At this point such tests will not provide a definitive diagnosis. With the advancing science such results might be used to diagnose in the future. People who have already tested will not have to get in the huge queue at that point, they just need the results interpreted.
 

Gingergrrl

Senior Member
Messages
16,171
My feeling on this may not be the norm but I would love to have the test run (even if there are no treatments yet) so I will have the results once future treatments become available.

I would not be doing it through GM and it would be through OMF or Laurel Crosby's group. I think this type of test could be useful for a variety of diagnoses in the future. It brings me hope to know there are researchers who are trying to solve these rare and misunderstood illnesses.

The bulk of my own focus is on autoantibody treatments vs. Metabolomics but I don't want to miss any opportunity that could possibly be of help in the future (and if I am wrong, it's a risk I am willing to take).
 

Groggy Doggy

Guest
Messages
1,130
I would be interested in participating if Gordon Medical was NOT selling nutritional supplements, vitamins, herbs, and homeopathy.

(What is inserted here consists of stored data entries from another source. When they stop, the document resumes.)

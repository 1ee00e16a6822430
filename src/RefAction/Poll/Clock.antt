-- ===== src/RefAction/Poll/Clock.antt =====
-- The poll loop against a clock that runs: it comes to an end.
use agent_desktop.Prelude.{
  Bool-cases, Result, arith, err, if◌then◌else◌, inl, inr, ok, refl, some, subst, suc, zero, ℕ, ◌*◌,
  ◌+◌, ◌∙◌, ◌≡◌, ◌≤◌,
}
use agent_desktop.Text.{codes}
use agent_desktop.Actionability.{StabilityExpectation}
use agent_desktop.Action.{ActionRequest}
use agent_desktop.RefAction.{
  timeout_of, ActionError, RefActionPollState, ResolveAttemptOutcome, deadline_passed, failed_check,
  mark_pre_dispatch_resolution_failure, poll_interval, resolve_attempt, resolved, saturating_succ,
  stability, stability_poll_interval,
}
use agent_desktop.RefAction.Poll.{
  Platform, Round, Round-cases, accept, after_preflight, continues, ensure_before_deadline,
  execute_poll_loop, handle_actionability_failure, handle_resolve_failure, on_outcome, on_resolved,
  poll_round, resolve_within_deadline, returns, sleep_until_next_poll, still_waiting,
}
use agent_desktop.Error.{is_retryable_resolution_failure}
use agent_desktop.Deadline.{Deadline, min, remaining, capped, remaining_slice}

-- A sleep lasts at least as long as it is asked to, and no call of the adapter turns the clock back.
pub record IsClock {W H : Type 0} (platform : Platform W H) : Type 0 where
  pub sleeps : (n : ℕ) (w : W) → platform.now w + n ≤ platform.now (platform.sleep n w)
  pub resolves :
      (d : Deadline) (w : W) → platform.now w ≤ platform.now (platform.resolve_element_strict d w).1
  pub preflights :
      (handle : H) (x : StabilityExpectation) (w : W)
      → platform.now w ≤ platform.now (platform.preflight handle x w).1

module _ {W : Type 0} {H : Type 0} (platform : Platform W H) (clock : IsClock platform) where
  -- A stability interval has passed since `t`, or the deadline has.
  abbrev Slept : Deadline → ℕ → W → Type 0
  Slept d t w = min (t + stability_poll_interval) d.expires_at ≤ platform.now w

  -- A round that is followed by another one has slept.
  unfoldable Progress : Deadline → ℕ → Round × W → Type 0
  Progress d t (returns result, w) = Unit {0}
  Progress d t (continues s, w) = Slept d t w

  slept :
      (d : Deadline) (interval t : ℕ) (w : W)
      → stability_poll_interval ≤ interval
      → t ≤ platform.now w
      → Slept d t (sleep_until_next_poll platform d interval w)
  unfolding sleep_until_next_poll remaining
  slept d interval t w long h =
      ground (arith, clock.sleeps (min interval (remaining d (platform.now w))) w)

  resolve_failure-Progress :
      (d : Deadline) (s : RefActionPollState) (e : ActionError) (t : ℕ) (w : W)
      → t ≤ platform.now w
      → Progress d t (handle_resolve_failure platform d s e w)
  unfolding handle_resolve_failure Progress
  resolve_failure-Progress d s e t w h =
      elim (Bool-cases (is_retryable_resolution_failure e.error)) [
        | inl again ↦ rw again (slept d poll_interval t w (omega arith) h)
        | inr stop ↦ rw stop tt
      ]

  actionability_failure-Progress :
      (d : Deadline) (s : RefActionPollState) (e : ActionError) (t : ℕ) (w : W)
      → t ≤ platform.now w
      → Progress d t (handle_actionability_failure platform d s e w)
  unfolding handle_actionability_failure Progress ensure_before_deadline
  actionability_failure-Progress d s e t w h =
      let interval =
        if failed_check e (codes "stable") then stability_poll_interval else poll_interval in
      let long : stability_poll_interval ≤ interval = ground arith in
      let rest = slept d interval t w long h in ground (arith, rest)

  accept-Progress :
      (d : Deadline) (s : RefActionPollState) (t : ℕ) (w : W) → Progress d t (accept platform d s w)
  unfolding accept Progress ensure_before_deadline
  accept-Progress d s t w = ground arith

  after_preflight-Progress :
      (request : ActionRequest) (d : Deadline) (s : RefActionPollState)
      (result : Result ActionError (Unit {0})) (t : ℕ) (w : W)
      → t ≤ platform.now w
      → Progress d t (after_preflight platform request d s result w)
  unfolding after_preflight
  after_preflight-Progress request d s (ok _) t w h = accept-Progress d s t w
  after_preflight-Progress request d s (err e) t w h =
      elim (Bool-cases (still_waiting platform request e)) [
        | inl wait ↦ rw wait (actionability_failure-Progress d s e t w h)
        | inr go ↦ rw go (accept-Progress d s t w)
      ]

  on_resolved-Progress :
      (request : ActionRequest) (d : Deadline) (s : RefActionPollState) (handle : H) (t : ℕ) (w : W)
      → t ≤ platform.now w
      → Progress d t (on_resolved platform request d s handle w)
  unfolding on_resolved Progress ensure_before_deadline
  on_resolved-Progress request d s handle t w h =
      let rest =
        after_preflight-Progress request d
          (record s { preflight_attempts = saturating_succ s.preflight_attempts })
          (platform.preflight handle (stability s) w).0 t
          (platform.preflight handle (stability s) w).1
          (omega (arith, h, clock.preflights handle (stability s) w)) in
      ground (arith, rest)

  on_outcome-Progress :
      (request : ActionRequest) (d : Deadline) (s : RefActionPollState)
      (found : ResolveAttemptOutcome H) (t : ℕ) (w : W)
      → t ≤ platform.now w
      → Progress d t (on_outcome platform request d s found w)
  unfolding on_outcome Progress
  on_outcome-Progress request d s deadline_passed t w h = tt
  on_outcome-Progress request d s (ResolveAttemptOutcome.failed e) t w h =
      resolve_failure-Progress d s (mark_pre_dispatch_resolution_failure e) t w h
  on_outcome-Progress request d s (resolved handle) t w h =
      on_resolved-Progress request d s handle t w h

  resolve_clock :
      (d : Deadline) (w : W)
      → platform.now w ≤ platform.now (resolve_within_deadline platform d w).1
  unfolding resolve_within_deadline
  resolve_clock d w =
      ground (arith, clock.resolves (capped platform.last d resolve_attempt (platform.now w)) w)

  poll_round-Progress :
      (request : ActionRequest) (d : Deadline) (s : RefActionPollState) (w : W)
      → Progress d (platform.now w) (poll_round platform request d s w)
  unfolding poll_round
  poll_round-Progress request d s w =
      on_outcome-Progress request d
        (record s { resolve_attempts = saturating_succ s.resolve_attempts })
        (resolve_within_deadline platform d w).0 (platform.now w)
        (resolve_within_deadline platform d w).1 (resolve_clock d w)

  -- A round that starts after the deadline returns.
  expired_round :
      (request : ActionRequest) (d : Deadline) (s : RefActionPollState) (w : W)
      → d.expires_at ≤ platform.now w
      → (result : Result ActionError RefActionPollState) × ((poll_round platform request d s w).0
          ≡ returns result)
  unfolding poll_round resolve_within_deadline on_outcome remaining_slice remaining
  expired_round request d s w h =
      let gone : remaining d (platform.now w) ≡ 0 = omega arith in
      let s' = record s { resolve_attempts = saturating_succ s.resolve_attempts } in
      (err (timeout_of s'), rw gone refl)

  -- What is left for the rounds that follow.
  next_window :
      (request : ActionRequest) (d : Deadline) (s s' : RefActionPollState) (w : W) (rounds : ℕ)
      → d.expires_at ≤ platform.now w + suc rounds * stability_poll_interval
      → (poll_round platform request d s w).0 ≡ continues s'
      → d.expires_at
        ≤ platform.now (poll_round platform request d s w).1 + rounds * stability_poll_interval
  unfolding Progress
  next_window request d s s' w rounds h e =
      let after_it = (poll_round platform request d s w).1 in
      let moved : Slept d (platform.now w) after_it =
        subst (λ r. Progress d (platform.now w) (r, after_it)) e
          (poll_round-Progress request d s w) in
      ground arith

  loop_returns :
      (fuel : ℕ) (request : ActionRequest) (d : Deadline) (s : RefActionPollState) (w : W)
      (result : Result ActionError RefActionPollState)
      → (poll_round platform request d s w).0 ≡ returns result
      → execute_poll_loop platform (suc fuel) request d s w
        ≡ some (result, (poll_round platform request d s w).1)
  unfolding execute_poll_loop
  loop_returns fuel request d s w result e = rw (e, execute_poll_loop) refl

  loop_continues :
      (fuel : ℕ) (request : ActionRequest) (d : Deadline) (s s' : RefActionPollState) (w : W)
      → (poll_round platform request d s w).0 ≡ continues s'
      → execute_poll_loop platform (suc fuel) request d s w
        ≡ execute_poll_loop platform fuel request d s' (poll_round platform request d s w).1
  unfolding execute_poll_loop
  loop_continues fuel request d s s' w e = rw (e, execute_poll_loop) refl

  -- With one round for each stability interval that is left until the deadline, and one more, the
  -- poll loop returns, on a clock that runs.
  pub execute_poll_loop_total :
      (request : ActionRequest) (d : Deadline) (s : RefActionPollState) (w : W) (rounds : ℕ)
      → d.expires_at ≤ platform.now w + rounds * stability_poll_interval
      → (result : Result ActionError RefActionPollState) × (w' : W) × (execute_poll_loop platform
            (suc rounds)
            request
            d
            s
            w
          ≡ some (result, w'))
  execute_poll_loop_total request d s w zero h =
      let (result, e) = expired_round request d s w (omega arith) in
      (result, (poll_round platform request d s w).1, loop_returns 0 request d s w result e)
  execute_poll_loop_total request d s w (suc rounds) h =
      elim (Round-cases (poll_round platform request d s w).0) [
        | inl (result, e) ↦ (
          result,
          (poll_round platform request d s w).1,
          loop_returns (suc rounds) request d s w result e,
        )
        | inr (s', e) ↦
            let (result, w', rest) =
              execute_poll_loop_total request d s' (poll_round platform request d s w).1 rounds
                (next_window request d s s' w rounds h e) in
            (result, w', loop_continues (suc rounds) request d s s' w e ∙ rest)
      ]
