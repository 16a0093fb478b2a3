-- ===== src/Controller/Cluster.antt =====
-- What a cluster holds when the calls of the reconciler of internal/controller have been made, and what
-- is asked of an API server for the statements on a second reconciliation.
pub mod Named
pub mod Services
pub mod Twice
use application_controller.Common.{
  Bool, true, false, Option, none, some, List, [], ◌∷◌, ◌==◌, ◌≡◌, refl, if◌then◌else◌,
}
use application_controller.Errors.{Error, foreign, Result, ok, err}
use application_controller.Kube.{NamespacedName, name_eq, Kind, Object}
use application_controller.Controller.State.{
  Call, get_application, get, list, upsert, delete, update, update_status, event, OperationResult,
  Client,
}

abbrev pub name_of : (k : Kind) → Object k → NamespacedName
name_of k o = record { namespace = o.meta.namespace; name = o.meta.name }

abbrev pub as_kind : (j k : Kind) → Object j → Option (Object k)
as_kind Kind.service_account Kind.service_account o = some o
as_kind Kind.role_binding Kind.role_binding o = some o
as_kind Kind.cluster_role_binding Kind.cluster_role_binding o = some o
as_kind Kind.service Kind.service o = some o
as_kind Kind.pod_monitor Kind.pod_monitor o = some o
as_kind Kind.ingress_route Kind.ingress_route o = some o
as_kind Kind.deployment Kind.deployment o = some o
as_kind Kind.cron_job Kind.cron_job o = some o
as_kind _ _ o = none

-- The objects of a cluster, by kind and name.
abbrev pub Objects : Type 0
Objects = (k : Kind) → NamespacedName → Option (Object k)

written : (k : Kind) → NamespacedName → Option (Object k) → Option (Object k) → Option (Object k)
written k name none before = before
written k name (some o) before = if name_of k o == name then some o else before

erased : (k : Kind) → NamespacedName → Option (Object k) → Option (Object k) → Option (Object k)
erased k name none before = before
erased k name (some o) before = if name_of k o == name then none else before

-- What the cluster holds after the calls, latest first.
unfoldable pub stored : Objects → List Call → Objects
unfolding written erased
stored initial [] k name = initial k name
stored initial (upsert j o ∷ calls) k name =
    written k name (as_kind j k o) (stored initial calls k name)
stored initial (delete j o ∷ calls) k name =
    erased k name (as_kind j k o) (stored initial calls k name)
stored initial (get_application n ∷ calls) k name = stored initial calls k name
stored initial (get j n ∷ calls) k name = stored initial calls k name
stored initial (list j ns owner ∷ calls) k name = stored initial calls k name
stored initial (update a ∷ calls) k name = stored initial calls k name
stored initial (update_status a ∷ calls) k name = stored initial calls k name
stored initial (event type reason ∷ calls) k name = stored initial calls k name

abbrev pub or_given : (k : Kind) → Object k → Option (Object k) → Object k
or_given k o none = o
or_given k o (some held) = held

-- What is asked of an API server that nobody else writes to: a read finds what the calls so far have
-- left, or fails with an error that says that there is nothing; CreateOrPatch hands over what is held;
-- and a write is accepted as it is. What the server reports of a write is arbitrary, and so is all else.
pub record Serves (client : Client) (initial : Objects) : Type 0 where
  pub finds :
      (calls : List Call) (k : Kind) (name : NamespacedName) (o : Object k)
      → stored initial calls k name ≡ some o
      → client.get calls k name ≡ ok o
  pub misses :
      (calls : List Call) (k : Kind) (name : NamespacedName)
      → stored initial calls k name ≡ none
      → (e : Error) × (client.get calls k name ≡ err e) × (client.is_not_found e ≡ true)
  pub hands :
      (calls : List Call) (k : Kind) (o : Object k)
      → client.before calls k o ≡ ok (or_given k o (stored initial calls k (name_of k o)))
  pub accepts :
      (calls : List Call) (k : Kind) (o : Object k)
      → (result : OperationResult) × (client.commit calls k o ≡ ok (result, o))
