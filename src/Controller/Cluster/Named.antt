-- ===== src/Controller/Cluster/Named.antt =====
-- Every object that the API server holds is held under its own name.
use application_controller.Common.{
  Option, none, some, List, [], ◌∷◌, ◌==◌, eq_of_beq, ◌≡◌, sym, inl, inr, subst, Bool-cases,
  if_true, if_false,
}
use application_controller.Kube.{NamespacedName, name_eq, Kind, Object}
use application_controller.Controller.State.{
  Call, get_application, get, list, upsert, delete, update, update_status, event,
}
use application_controller.Controller.Cluster.{Objects, name_of, as_kind, stored, written, erased}

-- Under a name there is nothing, or an object of the name.
abbrev pub IsNamedAs : (k : Kind) → NamespacedName → Option (Object k) → Type 0
IsNamedAs k n none = Unit
IsNamedAs k n (some o) = name_of k o ≡ n

abbrev pub IsNamed : Objects → Type 0
IsNamed objects = (k : Kind) (n : NamespacedName) → IsNamedAs k n (objects k n)

written-IsNamedAs :
    (k : Kind) (n : NamespacedName) (o before : Option (Object k))
    → IsNamedAs k n before
    → IsNamedAs k n (written k n o before)
unfolding written
written-IsNamedAs k n none before named = named
written-IsNamedAs k n (some o) before named = elim (Bool-cases (name_of k o == n)) [
  | inl same ↦ subst (IsNamedAs k n) (sym (if_true _ _ _ same)) (eq_of_beq (name_of k o) n same)
  | inr other ↦ subst (IsNamedAs k n) (sym (if_false _ _ _ other)) named
]

erased-IsNamedAs :
    (k : Kind) (n : NamespacedName) (o before : Option (Object k))
    → IsNamedAs k n before
    → IsNamedAs k n (erased k n o before)
unfolding erased
erased-IsNamedAs k n none before named = named
erased-IsNamedAs k n (some o) before named = elim (Bool-cases (name_of k o == n)) [
  | inl same ↦ subst (IsNamedAs k n) (sym (if_true _ _ _ same)) tt
  | inr other ↦ subst (IsNamedAs k n) (sym (if_false _ _ _ other)) named
]

pub stored-IsNamed :
    (initial : Objects) (calls : List Call) → IsNamed initial → IsNamed (stored initial calls)
unfolding stored
stored-IsNamed initial [] named k n = named k n
stored-IsNamed initial (upsert j o ∷ calls) named k n =
    written-IsNamedAs k n (as_kind j k o) _ (stored-IsNamed initial calls named k n)
stored-IsNamed initial (delete j o ∷ calls) named k n =
    erased-IsNamedAs k n (as_kind j k o) _ (stored-IsNamed initial calls named k n)
stored-IsNamed initial (get_application _ ∷ calls) named k n =
    stored-IsNamed initial calls named k n
stored-IsNamed initial (get _ _ ∷ calls) named k n = stored-IsNamed initial calls named k n
stored-IsNamed initial (list _ _ _ ∷ calls) named k n = stored-IsNamed initial calls named k n
stored-IsNamed initial (update _ ∷ calls) named k n = stored-IsNamed initial calls named k n
stored-IsNamed initial (update_status _ ∷ calls) named k n = stored-IsNamed initial calls named k n
stored-IsNamed initial (event _ _ ∷ calls) named k n = stored-IsNamed initial calls named k n
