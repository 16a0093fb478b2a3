-- ===== src/Gkutil.antt =====
-- internal/gkutil/gk.go. `parse_group_version` is the group of schema.ParseGroupVersion.
use application_controller.Common.{String, Bool, Option, none, some, ◌==◌}
use application_controller.Kube.{GroupKind, RoleRef, OwnerReference, group_kind_eq}

unfoldable pub from_role_ref : RoleRef → GroupKind
from_role_ref r = record { group = r.api_group; kind = r.kind }

-- An API version that does not parse has the empty group.
unfoldable pub group_or_empty : Option String → String
group_or_empty none = ""
group_or_empty (some g) = g

unfoldable pub from_owner_reference : (String → Option String) → Option OwnerReference → GroupKind
unfolding group_or_empty
from_owner_reference parse_group_version none = record { group = ""; kind = "" }
from_owner_reference parse_group_version (some r) = record {
  group = group_or_empty (parse_group_version r.api_version);
  kind = r.kind;
}

unfoldable pub is_cluster_role : GroupKind → Bool
is_cluster_role gk = gk == record { group = "rbac.authorization.k8s.io"; kind = "ClusterRole" }

unfoldable pub is_role : GroupKind → Bool
is_role gk = gk == record { group = "rbac.authorization.k8s.io"; kind = "Role" }

unfoldable pub is_application : GroupKind → Bool
is_application gk = gk == record { group = "yarotsky.me"; kind = "Application" }
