-- ===== src/Controller/Names.antt =====
-- internal/controller/names.go and the constants of application_controller.go. `to_lower` is
-- strings.ToLower.
use text.Mathlib.TextLemmas.{append_cancel_left, append-nil as text_append-nil, cons-ne-nil}
use application_controller.Common.{String, ◌≢◌, sym, ◌∙◌, ap, [], ◌∷◌, GoMap, concat}
use application_controller.Kube.{NamespacedName, RoleRef}
use application_controller.Api.{Application}

-- The constant Name of the controller.
abbrev pub controller_name : String
controller_name = "application-controller"

abbrev pub external_dns_hostname_annotation : String
external_dns_hostname_annotation = "external-dns.alpha.kubernetes.io/hostname"

abbrev pub external_dns_target_annotation : String
external_dns_target_annotation = "external-dns.alpha.kubernetes.io/target"

abbrev pub finalizer_name : String
finalizer_name = "application.yarotsky.me/finalizer"

-- (*simpleNamer).ApplicationName, and the like
abbrev pub application_name : Application → NamespacedName
application_name a = record { namespace = a.namespace; name = a.name }

abbrev pub deployment_name : Application → NamespacedName
deployment_name a = record { namespace = a.namespace; name = a.name }

abbrev pub service_account_name : Application → NamespacedName
service_account_name a = record { namespace = a.namespace; name = a.name }

abbrev pub service_name : Application → NamespacedName
service_name a = record { namespace = a.namespace; name = a.name }

unfoldable pub lb_service_name : Application → NamespacedName
lb_service_name a = record {
  namespace = a.namespace;
  name = concat (a.name ∷ "-loadbalancer" ∷ []);
}

abbrev pub pod_monitor_name : Application → NamespacedName
pod_monitor_name a = record { namespace = a.namespace; name = a.name }

abbrev pub ingress_route_name : Application → NamespacedName
ingress_route_name a = record { namespace = a.namespace; name = a.name }

module _ (to_lower : String → String) where
  unfoldable pub role_binding_name : Application → RoleRef → NamespacedName
  role_binding_name a role_ref = record {
    namespace = a.namespace;
    name = concat (a.name ∷ "-" ∷ to_lower role_ref.kind ∷ "-" ∷ role_ref.name ∷ []);
  }

  -- A cluster-scoped name: its namespace is empty.
  unfoldable pub cluster_role_binding_name : Application → RoleRef → NamespacedName
  cluster_role_binding_name a role_ref = record {
    namespace = "";
    name =
        concat
          (a.namespace ∷ "-" ∷ a.name ∷ "-" ∷ to_lower role_ref.kind ∷ "-" ∷ role_ref.name ∷ []);
  }

unfoldable pub cron_job_name : Application → String → NamespacedName
cron_job_name a job_name = record {
  namespace = a.namespace;
  name = concat (a.name ∷ "-" ∷ job_name ∷ []);
}

unfoldable pub selector_labels : Application → GoMap String String
selector_labels a =
    ("app.kubernetes.io/name", a.name)
    ∷ ("app.kubernetes.io/managed-by", controller_name)
    ∷ ("app.kubernetes.io/instance", "default")
    ∷ []

unfoldable pub cron_job_selector_labels : Application → String → GoMap String String
cron_job_selector_labels a job_name =
    ("app.kubernetes.io/name", job_name)
    ∷ ("app.kubernetes.io/managed-by", controller_name)
    ∷ ("app.kubernetes.io/part-of", a.name)
    ∷ ("app.kubernetes.io/instance", "default")
    ∷ []

-- The load balancer Service and the Service of an Application never have the same name.
lb_service_name-ne-service_name : (a : Application) → lb_service_name a ≢ service_name a
unfolding lb_service_name concat
lb_service_name-ne-service_name a e = cons-ne-nil _ _ (
    append_cancel_left a.name _ _
      (ap (λ (n : NamespacedName). n.name) e ∙ sym (text_append-nil a.name)))
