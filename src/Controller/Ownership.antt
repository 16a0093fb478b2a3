-- ===== src/Controller/Ownership.antt =====
-- isObjectOwnedBy and the owner indexes of internal/controller/application_controller.go
pub mod Agreement
use application_controller.Common.{
  String, Bool, true, false, ◌&&◌, Option, none, some, List, [], ◌∷◌, GoMap, lookup, ◌==◌,
  string_eq, if◌then◌else◌,
}
use application_controller.Kube.{NamespacedName, OwnerReference, ObjectMeta, Kind, Object}
use application_controller.Api.{Application}
use application_controller.Gkutil.{from_owner_reference, is_application}
use application_controller.Controller.Names.{application_name}
use application_controller.Controller.State.{Library}

-- annotations[key]; a nil map reads as an empty one
unfoldable pub annotation : ObjectMeta → String → Option String
annotation meta key = elim meta.annotations [ none ↦ none | some m ↦ lookup key m ]

-- annotations[key], the empty text for a missing key
unfoldable pub text_or_empty : Option String → String
text_or_empty none = ""
text_or_empty (some t) = t

module _ (library : Library) where
  unfoldable pub owner_kind_is_application : ObjectMeta → Bool
  unfolding annotation text_or_empty
  owner_kind_is_application meta =
      is_application
        (library.parse_group_kind (text_or_empty (annotation meta library.type_annotation)))

  -- The branch for namespaced objects.
  unfoldable pub controlled_by : Application → Option OwnerReference → Bool
  controlled_by owner none = false
  controlled_by owner (some controller) =
      elim (library.parse_group_version controller.api_version) [
        | none ↦ false
        | some group ↦
            if library.is_empty_object_kind owner
            then false
            else (group == library.owner_group owner && controller.name == owner.name)
      ]

  -- The branch for cluster-scoped objects.
  unfoldable pub annotated_by : Application → ObjectMeta → Bool
  unfolding owner_kind_is_application
  annotated_by owner meta =
      if owner_kind_is_application meta
      then elim (annotation meta library.namespaced_name_annotation) [
        | none ↦ false
        | some owner_name ↦ owner_name == library.name_string (application_name owner)
      ]
      else false

  unfoldable pub is_object_owned_by : (k : Kind) → ObjectMeta → Application → Bool
  unfolding controlled_by annotated_by
  is_object_owned_by k meta owner = elim (library.is_object_namespaced k) [
    | some true ↦ controlled_by owner (library.get_controller_of meta)
    | _ ↦ annotated_by owner meta
  ]

  -- The index functions of setupRoleBindingIndex and setupCronJobIndex.
  unfoldable pub index_by_controller : ObjectMeta → List String
  index_by_controller meta = elim (library.get_controller_of meta) [
    | none ↦ []
    | some owner ↦
        if is_application (from_owner_reference library.parse_group_version (some owner))
        then owner.name ∷ []
        else []
  ]

  -- The index function of setupClusterRoleBindingIndex.
  unfoldable pub index_by_annotation : ObjectMeta → List String
  unfolding owner_kind_is_application
  index_by_annotation meta =
      if owner_kind_is_application meta
      then elim (annotation meta library.namespaced_name_annotation) [
        | none ↦ []
        | some owner_name ↦ owner_name ∷ []
      ]
      else []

To me, this is a conflict of interest and screams 'study bias'. We are all free to vote with our dollars.
 

Gingergrrl

Senior Member
Messages
16,171
I would be interested in participating if Gordon Medical was NOT selling nutritional supplements, vitamins, herbs, and homeopathy. To me, this is a conflict of interest and screams 'study bias'. We are all free to vote with our dollars.

The sample I did that was bio-banked was at OMI and they do not sell any supplements or products of any kind and I assume that Laurel Crosby's group at Stanford does not either. My goal is to have the results to discuss with my doctor (knowing my sample would never be part of any study) and then if there are treatments of any kind in the future that could even partially apply to me, I would have these results as a baseline. It is 100% my idea with no one pressuring me and it may turn out to even be a dead-end (and it still might not even be do-able)! I am at the point of leaving no stone un-turned and I feel this research in Metabolomics is solid and it will end up helping lots of illnesses, not just ME/CFS. I think Maureen Hanson, Dr. Davis, and Dr. Naviaux are all finding similar results with different sets of patients and I don't think anyone is forced to buy these supplements (but maybe I am misunderstanding)?
 

Justin30

Senior Member
Messages
1,065
I wonder if the supplements purchased go to furthering research? If you get tested will they develop a supplement plan?

Also $1500 is justifiable if going towards research.

Finally if you look at MEActions post on the Metabolic findings by Naviaux they all coincide with what ME experts have all discussed. Mythlation, Gut Metabolism, phospholipid metabolism, BCAA Metabolism, Amino Acid Metabolism, Cholesteral and Non Goinadal issues and more...

This all points to what experts have been saying brain, gut, immune, endocrine, etc.

I know nothing is proven and still would count as pseudoscience because the scientific community loves to research drugs predominantly. And further many brought back to some state of health from this madness have used a combination of therapies.

Let them do there work and hopefully nutritional fixes could be steps out of the cruelty of the disease as drug risks are huge in some of these complex diseases.

I to believe metabalomics is extremely promising cause many of the wacked out diseases of today were not around 100 yrs ago or at the time when the industrail revolution, mass scale agriculture, environmental toxins, etc.